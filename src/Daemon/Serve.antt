-- ===== src/Daemon/Serve.antt =====
-- What a message of the coordinator may lead to.
use action_learning_p2p_vers.Prelude.{
  ℕ, ◌≡◌, refl, ap, ◌∙◌, ◌≢◌, ◌≤◌, ◌<◌, ◌⊎◌, Option-cases, Bool, true, false, [], ◌++◌, Option,
  none, some, inl, inr, Bool-cases, length, if◌then◌else◌,
}
use action_learning_p2p_vers.Prelude.Int.{pos, is_negative}
use action_learning_p2p_vers.Prelude.Text.{Text, text_eq, text_eq_iff, codes}
use action_learning_p2p_vers.Disk.Paths.{path_join}
use action_learning_p2p_vers.Disk.Nodes.{file}
use action_learning_p2p_vers.Disk.Io.{Disk, node_at, Result, ok, Io, pure, ◌>>=◌}
use action_learning_p2p_vers.Disk.Ops.{exists, is_slash, remove, unlink}
use action_learning_p2p_vers.Disk.Frame.{file_at}
use action_learning_p2p_vers.Disk.Runs.{remove_file, exists_file}
use action_learning_p2p_vers.Disk.Keeps.{
  Keeps, Keeps-bind, Keeps-if, Keeps-try, Keeps-exists, Keeps-remove,
}
use action_learning_p2p_vers.Sockets.{Net, IsStream, Delivers}
use action_learning_p2p_vers.Ipc.Frame.{frame}
use action_learning_p2p_vers.Ipc.Client.{Client, max_message}
use action_learning_p2p_vers.Ipc.Delivery.{receive_framed}
use action_learning_p2p_vers.Daemon.Paths.{normalize_path}
use action_learning_p2p_vers.Daemon.Requests.{
  Json, Served, synced, foreign, unknown, failed, or_throw, is_foreign, remove_if, delete_file,
  prepare_transfer, sync_from_peer, for_repo, dispatch, handle_ipc_message, handle_raw,
  after_receive, after_parse, serve_one,
}

module _ (q : Text) where
  Keeps-pure : {A : Type 0} (a : A) → Keeps q (pure a)
  Keeps-pure a d = refl

  Keeps-or_throw :
      {A B : Type 0} (o : Option A) (f : A → Io B)
      → ((a : A) → o ≡ some a → Keeps q (f a))
      → Keeps q (or_throw o >>= f)
  Keeps-or_throw none f h d = refl
  Keeps-or_throw (some a) f h d = h a refl d

  Keeps-remove_if : (path : Text) (there : Bool) → q ≢ path → Keeps q (remove_if path there)
  unfolding remove_if
  Keeps-remove_if path true ne =
      Keeps-bind q (remove path) _ (Keeps-remove q path ne) (λ _. Keeps-pure tt)
  Keeps-remove_if path false ne = Keeps-pure tt

  Keeps-delete_file : (path : Text) → q ≢ path → Keeps q (delete_file path)
  unfolding delete_file
  Keeps-delete_file path ne =
      Keeps-try q _ (pure tt)
        (Keeps-bind q (exists path) _ (Keeps-exists q path) (λ b. Keeps-remove_if path b ne))
        (Keeps-pure tt)

module _ (j : Json) (my_repo_id watch_path : Text) (q : Text) where
  Keeps-prepare : (payload : j.Value) → Keeps q (prepare_transfer j payload)
  unfolding prepare_transfer
  Keeps-prepare payload = Keeps-or_throw q (j.text payload (codes "transfer_id") []) _ λ _ _.
      Keeps-or_throw q (j.text payload (codes "path") []) _ λ _ _.
        Keeps-or_throw q (j.text payload (codes "peer_id") []) _ λ _ _.
          Keeps-or_throw q (j.int payload (codes "transfer_port") (pos 0)) _ λ _ _.
            Keeps-or_throw q (j.text payload (codes "expected_hash") []) _ λ _ _.
              Keeps-or_throw q (j.long payload (codes "expected_size") (pos 0)) _ λ _ _.
                Keeps-or_throw q (j.text payload (codes "direction") (codes "download")) _
                  λ _ _. Keeps-or_throw q (j.int payload (codes "mode") (pos 0)) _ λ _ _. λ _. refl

  -- The message does not ask this repository to delete `q`.
  abbrev pub Spares : j.Value → Type 0
  Spares msg =
      (payload : j.Value) (r path : Text)
      → j.text msg (codes "type") [] ≡ some (codes "sync_from_peer")
      → j.at msg (codes "payload") ≡ some payload
      → j.text payload (codes "repo_id") [] ≡ some r
      → is_foreign r my_repo_id ≡ false
      → j.text payload (codes "path") [] ≡ some path
      → j.flag payload (codes "is_delete") false ≡ some true
      → q ≢ path_join watch_path (normalize_path path)

  Keeps-when :
      {A : Type 0} (b : Bool) (x y : Io A)
      → (b ≡ true → Keeps q x)
      → (b ≡ false → Keeps q y)
      → Keeps q (if b then x else y)
  Keeps-when true x y hx hy = hx refl
  Keeps-when false x y hx hy = hy refl

  Keeps-sync :
      (payload : j.Value)
      → ((path : Text)
          → j.text payload (codes "path") [] ≡ some path
          → j.flag payload (codes "is_delete") false ≡ some true
          → q ≢ path_join watch_path (normalize_path path))
      → Keeps q (sync_from_peer j watch_path payload)
  unfolding sync_from_peer
  Keeps-sync payload ne = Keeps-or_throw q (j.text payload (codes "path") []) _ λ path named.
      Keeps-or_throw q (j.flag payload (codes "is_delete") false) _ λ is_delete flagged.
        Keeps-bind q
          (if is_delete then delete_file (path_join watch_path (normalize_path path)) else pure tt)
          _
          (Keeps-when is_delete _ _
            (λ yes. Keeps-delete_file q _ (ne path named (flagged ∙ ap some yes)))
            (λ no. Keeps-pure q tt))
          (λ _. Keeps-pure q synced)

  Keeps-for_repo :
      (serve : j.Value → Io Served) (msg : j.Value)
      → ((payload : j.Value) (r : Text)
          → j.at msg (codes "payload") ≡ some payload
          → j.text payload (codes "repo_id") [] ≡ some r
          → is_foreign r my_repo_id ≡ false
          → Keeps q (serve payload))
      → Keeps q (for_repo j my_repo_id serve msg)
  unfolding for_repo
  Keeps-for_repo serve msg h = Keeps-or_throw q (j.at msg (codes "payload")) _ λ payload e.
      Keeps-or_throw q (j.text payload (codes "repo_id") []) _ λ r of.
        Keeps-when (is_foreign r my_repo_id) _ _ (λ _. Keeps-pure q foreign) (h payload r e of)

  Keeps-dispatch :
      (msg : j.Value) (msg_type : Text)
      → j.text msg (codes "type") [] ≡ some msg_type
      → Spares msg
      → Keeps q (dispatch j my_repo_id watch_path msg msg_type)
  unfolding dispatch
  Keeps-dispatch msg msg_type typed spares =
      Keeps-if q (text_eq msg_type (codes "prepare_file_transfer")) _ _
        (Keeps-for_repo (prepare_transfer j) msg (λ payload _ _ _ _. Keeps-prepare payload))
        (Keeps-when (text_eq msg_type (codes "sync_from_peer")) _ _
          (λ t. Keeps-for_repo (sync_from_peer j watch_path) msg (λ payload r e of ours.
            Keeps-sync payload (λ path named.
              spares payload r path
                (typed ∙ ap some ((text_eq_iff msg_type (codes "sync_from_peer")).0 t)) e of ours
                named)))
          (λ _. Keeps-pure q unknown))

  -- Whatever else the message holds and whatever fails, the handler leaves the regular file at `q` as
  -- it is, unless the message asks this repository to delete it.
  pub handle_ipc_message-others :
      (msg : j.Value) (d : Disk)
      → Spares msg
      → file_at q (handle_ipc_message j msg my_repo_id watch_path d).1 ≡ file_at q d
  unfolding handle_ipc_message
  handle_ipc_message-others msg d spares =
      Keeps-try q (or_throw (j.text msg (codes "type") []) >>= dispatch j my_repo_id watch_path msg)
        (pure failed)
        (Keeps-or_throw q (j.text msg (codes "type") []) (dispatch j my_repo_id watch_path msg)
          (λ t typed. Keeps-dispatch msg t typed spares))
        (Keeps-pure q failed) d

  foreign_for_repo :
      (serve : j.Value → Io Served) (msg payload : j.Value) (r : Text) (d : Disk)
      → j.at msg (codes "payload") ≡ some payload
      → j.text payload (codes "repo_id") [] ≡ some r
      → is_foreign r my_repo_id ≡ true
      → for_repo j my_repo_id serve msg d ≡ (ok foreign, d)
  unfolding for_repo
  foreign_for_repo serve msg payload r d at_msg named other = rw (at_msg, named, other) refl

  -- Nothing is done for the message: no transfer is begun and the disk is as it was.
  abbrev pub Passed : Disk → Result Served × Disk → Type 0
  Passed d r = (r.1 ≡ d) × ((r.0 ≡ ok foreign) ⊎ (r.0 ≡ ok unknown) ⊎ (r.0 ≡ ok failed))

  -- A message whose payload names another repository starts no transfer and changes nothing on
  -- disk, whatever its type.
  pub handle_ipc_message-foreign :
      (msg payload : j.Value) (r : Text) (d : Disk)
      → j.at msg (codes "payload") ≡ some payload
      → j.text payload (codes "repo_id") [] ≡ some r
      → is_foreign r my_repo_id ≡ true
      → Passed d (handle_ipc_message j msg my_repo_id watch_path d)
  unfolding handle_ipc_message dispatch
  handle_ipc_message-foreign msg payload r d at_msg named other =
      elim (Option-cases (j.text msg (codes "type") [])) [
        | inl h ↦ rw h (refl, inr (inr refl))
        | inr (t, h) ↦ rw h (elim (Bool-cases (text_eq t (codes "prepare_file_transfer"))) [
          | inl a ↦
              rw (a, foreign_for_repo (prepare_transfer j) msg payload r d at_msg named other)
                (refl, inl refl)
          | inr a ↦ elim (Bool-cases (text_eq t (codes "sync_from_peer"))) [
            | inl b ↦
                rw
                  (
                    a,
                    b,
                    foreign_for_repo (sync_from_peer j watch_path) msg payload r d at_msg named
                        other,
                  )
                  (refl, inl refl)
            | inr b ↦ rw (a, b) (refl, inr (inl refl))
          ]
        ])
      ]

module _ (j : Json) (my_repo_id watch_path : Text) (msg payload : j.Value) (r path content : Text)
    (mode : ℕ) (d : Disk) (of_type : j.text msg (codes "type") [] ≡ some (codes "sync_from_peer"))
    (at_msg : j.at msg (codes "payload") ≡ some payload)
    (of_repo : j.text payload (codes "repo_id") [] ≡ some r)
    (ours : is_foreign r my_repo_id ≡ false) (named : j.text payload (codes "path") [] ≡ some path)
    (deletes : j.flag payload (codes "is_delete") false ≡ some true) (calm : d.faults ≡ [])
    (there : node_at (path_join watch_path (normalize_path path)) d ≡ some (file content mode))
    (other : is_slash (path_join watch_path (normalize_path path)) ≡ false) where
  abbrev pub target : Text
  target = path_join watch_path (normalize_path path)

  delete_file_file : delete_file target d ≡ (ok tt, unlink target d)
  unfolding delete_file remove_if
  delete_file_file =
      rw
        (
          exists_file target d calm content mode there other,
          remove_file target d calm content mode there,
        )
        refl

  handles_deletion : handle_ipc_message j msg my_repo_id watch_path d ≡ (ok synced, unlink target d)
  unfolding handle_ipc_message dispatch for_repo sync_from_peer text_eq
  handles_deletion = rw (of_type, at_msg, of_repo, ours, named, deletes, delete_file_file) refl

  -- The frame of a message of this repository to delete a file, on a connected client whose stream
  -- delivers: where no call fails and a file is at the path of the payload joined to the watched
  -- directory, wherever that leads, a round of the serving loop takes the frame off the stream,
  -- deletes that file and nothing else, and keeps the connection.
  pub serve_one-deletes :
      (n : Net) (s : IsStream n) (c : Client) (raw rest : Text) (w : n.World)
      → Delivers n s c.socket_fd
      → is_negative c.socket_fd ≡ false
      → 0 < length raw
      → length raw ≤ max_message
      → s.incoming c.socket_fd w ≡ frame raw ++ rest
      → j.parse raw ≡ some msg
      → (w' : n.World) × (serve_one j n my_repo_id watch_path c d w
          ≡ (some (ok synced), c, unlink target d, w'))
        × (s.incoming c.socket_fd w' ≡ rest)
  unfolding serve_one after_receive handle_raw after_parse
  serve_one-deletes n s c raw rest w delivering open_fd lt le held parsed =
      let (w', received, left) = receive_framed n s c raw rest w delivering open_fd lt le held in
      (w', rw (received, parsed, handles_deletion) refl, left)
-------------------------
WHAT TO WORK ON
Copy back the listing above exactly, but only from the line with "Keeps-when (is_foreign r" through the line with "Keeps-if q (text_eq", both ends included.

SOLUTION FOR THIS EXERCISE
        Keeps-when (is_foreign r my_repo_id) _ _ (λ _. Keeps-pure q foreign) (h payload r e of)

  Keeps-dispatch :
      (msg : j.Value) (msg_type : Text)
      → j.text msg (codes "type") [] ≡ some msg_type
      → Spares msg
      → Keeps q (dispatch j my_repo_id watch_path msg msg_type)
  unfolding dispatch
  Keeps-dispatch msg msg_type typed spares =
      Keeps-if q (text_eq msg_type (codes "prepare_file_transfer")) _ _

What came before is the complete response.